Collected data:
*-*-*

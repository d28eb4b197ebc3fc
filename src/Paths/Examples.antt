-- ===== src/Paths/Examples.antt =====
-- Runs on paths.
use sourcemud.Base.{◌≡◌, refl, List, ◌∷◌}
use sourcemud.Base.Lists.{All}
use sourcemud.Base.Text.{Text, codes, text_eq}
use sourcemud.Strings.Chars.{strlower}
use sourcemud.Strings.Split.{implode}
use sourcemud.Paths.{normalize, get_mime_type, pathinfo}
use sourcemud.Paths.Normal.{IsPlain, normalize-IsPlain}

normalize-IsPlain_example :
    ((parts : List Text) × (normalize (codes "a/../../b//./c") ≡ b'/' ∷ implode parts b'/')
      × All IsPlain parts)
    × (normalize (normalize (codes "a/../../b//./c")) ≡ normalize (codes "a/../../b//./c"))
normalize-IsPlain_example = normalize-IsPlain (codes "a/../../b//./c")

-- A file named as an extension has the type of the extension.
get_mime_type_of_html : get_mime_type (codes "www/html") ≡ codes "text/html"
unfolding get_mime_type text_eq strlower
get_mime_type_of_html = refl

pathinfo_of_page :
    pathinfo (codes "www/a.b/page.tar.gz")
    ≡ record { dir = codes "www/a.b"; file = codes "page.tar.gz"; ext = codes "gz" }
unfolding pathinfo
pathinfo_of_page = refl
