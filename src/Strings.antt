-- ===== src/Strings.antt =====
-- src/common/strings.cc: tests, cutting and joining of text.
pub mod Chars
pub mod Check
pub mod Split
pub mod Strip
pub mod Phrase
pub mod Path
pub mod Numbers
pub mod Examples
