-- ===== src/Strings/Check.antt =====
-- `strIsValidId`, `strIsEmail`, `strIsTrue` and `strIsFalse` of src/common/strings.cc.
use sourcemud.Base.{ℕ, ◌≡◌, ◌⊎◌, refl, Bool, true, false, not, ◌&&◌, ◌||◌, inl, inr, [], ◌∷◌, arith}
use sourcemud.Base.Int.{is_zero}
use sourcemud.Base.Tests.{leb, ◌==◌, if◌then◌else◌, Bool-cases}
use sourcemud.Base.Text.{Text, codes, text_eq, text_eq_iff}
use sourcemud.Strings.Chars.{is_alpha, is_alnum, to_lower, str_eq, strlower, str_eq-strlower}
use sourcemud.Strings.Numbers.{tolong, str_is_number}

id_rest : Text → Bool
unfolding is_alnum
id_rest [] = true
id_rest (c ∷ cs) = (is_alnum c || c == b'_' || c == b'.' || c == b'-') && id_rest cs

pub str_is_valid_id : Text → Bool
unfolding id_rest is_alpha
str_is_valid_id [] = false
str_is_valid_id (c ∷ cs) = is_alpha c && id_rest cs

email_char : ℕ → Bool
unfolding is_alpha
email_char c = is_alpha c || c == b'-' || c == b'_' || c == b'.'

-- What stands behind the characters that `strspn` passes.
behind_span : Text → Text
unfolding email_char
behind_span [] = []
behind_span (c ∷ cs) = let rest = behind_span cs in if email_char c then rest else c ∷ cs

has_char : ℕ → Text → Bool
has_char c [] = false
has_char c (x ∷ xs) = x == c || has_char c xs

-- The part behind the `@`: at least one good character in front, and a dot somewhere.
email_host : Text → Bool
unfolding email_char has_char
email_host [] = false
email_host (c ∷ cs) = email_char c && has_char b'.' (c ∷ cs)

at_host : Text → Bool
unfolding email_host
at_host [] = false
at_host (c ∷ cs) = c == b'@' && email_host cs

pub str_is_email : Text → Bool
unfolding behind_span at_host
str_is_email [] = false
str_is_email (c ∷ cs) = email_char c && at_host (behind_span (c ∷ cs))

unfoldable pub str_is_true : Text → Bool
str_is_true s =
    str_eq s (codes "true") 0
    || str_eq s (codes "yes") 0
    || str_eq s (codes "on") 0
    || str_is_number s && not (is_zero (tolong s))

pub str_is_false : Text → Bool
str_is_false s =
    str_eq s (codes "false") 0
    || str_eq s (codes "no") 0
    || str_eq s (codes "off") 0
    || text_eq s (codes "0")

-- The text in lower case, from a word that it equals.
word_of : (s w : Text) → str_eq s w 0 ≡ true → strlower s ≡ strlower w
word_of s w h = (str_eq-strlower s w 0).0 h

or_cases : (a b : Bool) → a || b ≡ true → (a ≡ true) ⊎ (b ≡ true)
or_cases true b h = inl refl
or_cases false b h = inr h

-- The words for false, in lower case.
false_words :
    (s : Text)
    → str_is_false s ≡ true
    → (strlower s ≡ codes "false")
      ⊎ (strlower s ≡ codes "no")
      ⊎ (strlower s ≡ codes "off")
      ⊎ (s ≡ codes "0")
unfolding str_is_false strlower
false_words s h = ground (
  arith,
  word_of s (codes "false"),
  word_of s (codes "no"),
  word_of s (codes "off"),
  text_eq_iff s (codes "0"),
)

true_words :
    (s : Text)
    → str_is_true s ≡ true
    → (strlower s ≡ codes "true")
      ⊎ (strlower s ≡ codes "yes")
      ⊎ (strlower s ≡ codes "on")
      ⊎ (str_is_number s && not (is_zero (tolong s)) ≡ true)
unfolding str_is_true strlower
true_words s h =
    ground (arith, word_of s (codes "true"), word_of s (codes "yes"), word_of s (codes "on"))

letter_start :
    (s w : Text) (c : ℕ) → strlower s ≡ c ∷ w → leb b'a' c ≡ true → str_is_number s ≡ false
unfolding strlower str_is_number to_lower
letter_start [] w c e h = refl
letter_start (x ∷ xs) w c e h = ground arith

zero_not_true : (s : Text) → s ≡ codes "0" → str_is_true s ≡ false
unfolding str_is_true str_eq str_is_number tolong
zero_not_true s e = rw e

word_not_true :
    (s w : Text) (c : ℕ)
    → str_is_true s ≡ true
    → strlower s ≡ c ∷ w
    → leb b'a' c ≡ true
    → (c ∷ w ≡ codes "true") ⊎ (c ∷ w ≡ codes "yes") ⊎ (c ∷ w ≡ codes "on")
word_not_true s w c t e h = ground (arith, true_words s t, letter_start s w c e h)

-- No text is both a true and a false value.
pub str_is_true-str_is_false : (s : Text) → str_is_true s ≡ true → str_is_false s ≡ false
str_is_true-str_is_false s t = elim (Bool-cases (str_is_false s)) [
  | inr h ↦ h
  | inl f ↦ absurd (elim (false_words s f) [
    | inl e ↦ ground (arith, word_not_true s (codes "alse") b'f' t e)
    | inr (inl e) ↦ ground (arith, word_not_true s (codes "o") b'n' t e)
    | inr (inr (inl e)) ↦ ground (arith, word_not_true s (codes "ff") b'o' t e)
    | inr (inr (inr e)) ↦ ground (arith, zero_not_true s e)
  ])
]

*-*-*

The records above should be copied out again in full, exactly as they appear.

■ Answer space ■
repository d28eb4b197ebc3fc
filename src/Paths/Examples.antt
-- ===== src/Paths/Examples.antt =====
-- Runs on paths.
use sourcemud.Base.{◌≡◌, refl, List, ◌∷◌}
use sourcemud.Base.Lists.{All}
use sourcemud.Base.Text.{Text, codes, text_eq}
use sourcemud.Strings.Chars.{strlower}
use sourcemud.Strings.Split.{implode}
use sourcemud.Paths.{normalize, get_mime_type, pathinfo}
use sourcemud.Paths.Normal.{IsPlain, normalize-IsPlain}

normalize-IsPlain_example :
    ((parts : List Text) × (normalize (codes "a/../../b//./c") ≡ b'/' ∷ implode parts b'/')
      × All IsPlain parts)
    × (normalize (normalize (codes "a/../../b//./c")) ≡ normalize (codes "a/../../b//./c"))
normalize-IsPlain_example = normalize-IsPlain (codes "a/../../b//./c")

-- A file named as an extension has the type of the extension.
get_mime_type_of_html : get_mime_type (codes "www/html") ≡ codes "text/html"
unfolding get_mime_type text_eq strlower
get_mime_type_of_html = refl

pathinfo_of_page :
    pathinfo (codes "www/a.b/page.tar.gz")
    ≡ record { dir = codes "www/a.b"; file = codes "page.tar.gz"; ext = codes "gz" }
unfolding pathinfo
pathinfo_of_page = refl
filename src/Strings.antt
-- ===== src/Strings.antt =====
-- src/common/strings.cc: tests, cutting and joining of text.
pub mod Chars
pub mod Check
pub mod Split
pub mod Strip
pub mod Phrase
pub mod Path
pub mod Numbers
pub mod Examples
-- ===== src/Strings/Check.antt =====
-- `strIsValidId`, `strIsEmail`, `strIsTrue` and `strIsFalse` of src/common/strings.cc.
use sourcemud.Base.{ℕ, ◌≡◌, ◌⊎◌, refl, Bool, true, false, not, ◌&&◌, ◌||◌, inl, inr, [], ◌∷◌, arith}
use sourcemud.Base.Int.{is_zero}
use sourcemud.Base.Tests.{leb, ◌==◌, if◌then◌else◌, Bool-cases}
use sourcemud.Base.Text.{Text, codes, text_eq, text_eq_iff}
use sourcemud.Strings.Chars.{is_alpha, is_alnum, to_lower, str_eq, strlower, str_eq-strlower}
use sourcemud.Strings.Numbers.{tolong, str_is_number}

id_rest : Text → Bool
unfolding is_alnum
id_rest [] = true
id_rest (c ∷ cs) = (is_alnum c || c == b'_' || c == b'.' || c == b'-') && id_rest cs

pub str_is_valid_id : Text → Bool
unfolding id_rest is_alpha
str_is_valid_id [] = false
str_is_valid_id (c ∷ cs) = is_alpha c && id_rest cs

email_char : ℕ → Bool
unfolding is_alpha
email_char c = is_alpha c || c == b'-' || c == b'_' || c == b'.'

-- What stands behind the characters that `strspn` passes.
behind_span : Text → Text
unfolding email_char
behind_span [] = []
behind_span (c ∷ cs) = let rest = behind_span cs in if email_char c then rest else c ∷ cs

has_char : ℕ → Text → Bool
has_char c [] = false
has_char c (x ∷ xs) = x == c || has_char c xs

-- The part behind the `@`: at least one good character in front, and a dot somewhere.
email_host : Text → Bool
unfolding email_char has_char
email_host [] = false
email_host (c ∷ cs) = email_char c && has_char b'.' (c ∷ cs)

at_host : Text → Bool
unfolding email_host
at_host [] = false
at_host (c ∷ cs) = c == b'@' && email_host cs

pub str_is_email : Text → Bool
unfolding behind_span at_host
str_is_email [] = false
str_is_email (c ∷ cs) = email_char c && at_host (behind_span (c ∷ cs))

unfoldable pub str_is_true : Text → Bool
str_is_true s =
    str_eq s (codes "true") 0
    || str_eq s (codes "yes") 0
    || str_eq s (codes "on") 0
    || str_is_number s && not (is_zero (tolong s))

pub str_is_false : Text → Bool
str_is_false s =
    str_eq s (codes "false") 0
    || str_eq s (codes "no") 0
    || str_eq s (codes "off") 0
    || text_eq s (codes "0")

-- The text in lower case, from a word that it equals.
word_of : (s w : Text) → str_eq s w 0 ≡ true → strlower s ≡ strlower w
word_of s w h = (str_eq-strlower s w 0).0 h

or_cases : (a b : Bool) → a || b ≡ true → (a ≡ true) ⊎ (b ≡ true)
or_cases true b h = inl refl
or_cases false b h = inr h

-- The words for false, in lower case.
false_words :
    (s : Text)
    → str_is_false s ≡ true
    → (strlower s ≡ codes "false")
      ⊎ (strlower s ≡ codes "no")
      ⊎ (strlower s ≡ codes "off")
      ⊎ (s ≡ codes "0")
unfolding str_is_false strlower
false_words s h = ground (
  arith,
  word_of s (codes "false"),
  word_of s (codes "no"),
  word_of s (codes "off"),
  text_eq_iff s (codes "0"),
)

true_words :
    (s : Text)
    → str_is_true s ≡ true
    → (strlower s ≡ codes "true")
      ⊎ (strlower s ≡ codes "yes")
      ⊎ (strlower s ≡ codes "on")
      ⊎ (str_is_number s && not (is_zero (tolong s)) ≡ true)
unfolding str_is_true strlower
true_words s h =
    ground (arith, word_of s (codes "true"), word_of s (codes "yes"), word_of s (codes "on"))

letter_start :
    (s w : Text) (c : ℕ) → strlower s ≡ c ∷ w → leb b'a' c ≡ true → str_is_number s ≡ false
unfolding strlower str_is_number to_lower
letter_start [] w c e h = refl
letter_start (x ∷ xs) w c e h = ground arith

zero_not_true : (s : Text) → s ≡ codes "0" → str_is_true s ≡ false
unfolding str_is_true str_eq str_is_number tolong
zero_not_true s e = rw e

word_not_true :
    (s w : Text) (c : ℕ)
    → str_is_true s ≡ true
    → strlower s ≡ c ∷ w
    → leb b'a' c ≡ true
    → (c ∷ w ≡ codes "true") ⊎ (c ∷ w ≡ codes "yes") ⊎ (c ∷ w ≡ codes "on")
word_not_true s w c t e h = ground (arith, true_words s t, letter_start s w c e h)

-- No text is both a true and a false value.
pub str_is_true-str_is_false : (s : Text) → str_is_true s ≡ true → str_is_false s ≡ false
str_is_true-str_is_false s t = elim (Bool-cases (str_is_false s)) [
  | inr h ↦ h
  | inl f ↦ absurd (elim (false_words s f) [
    | inl e ↦ ground (arith, word_not_true s (codes "alse") b'f' t e)
    | inr (inl e) ↦ ground (arith, word_not_true s (codes "o") b'n' t e)
    | inr (inr (inl e)) ↦ ground (arith, word_not_true s (codes "ff") b'o' t e)
    | inr (inr (inr e)) ↦ ground (arith, zero_not_true s e)
  ])
]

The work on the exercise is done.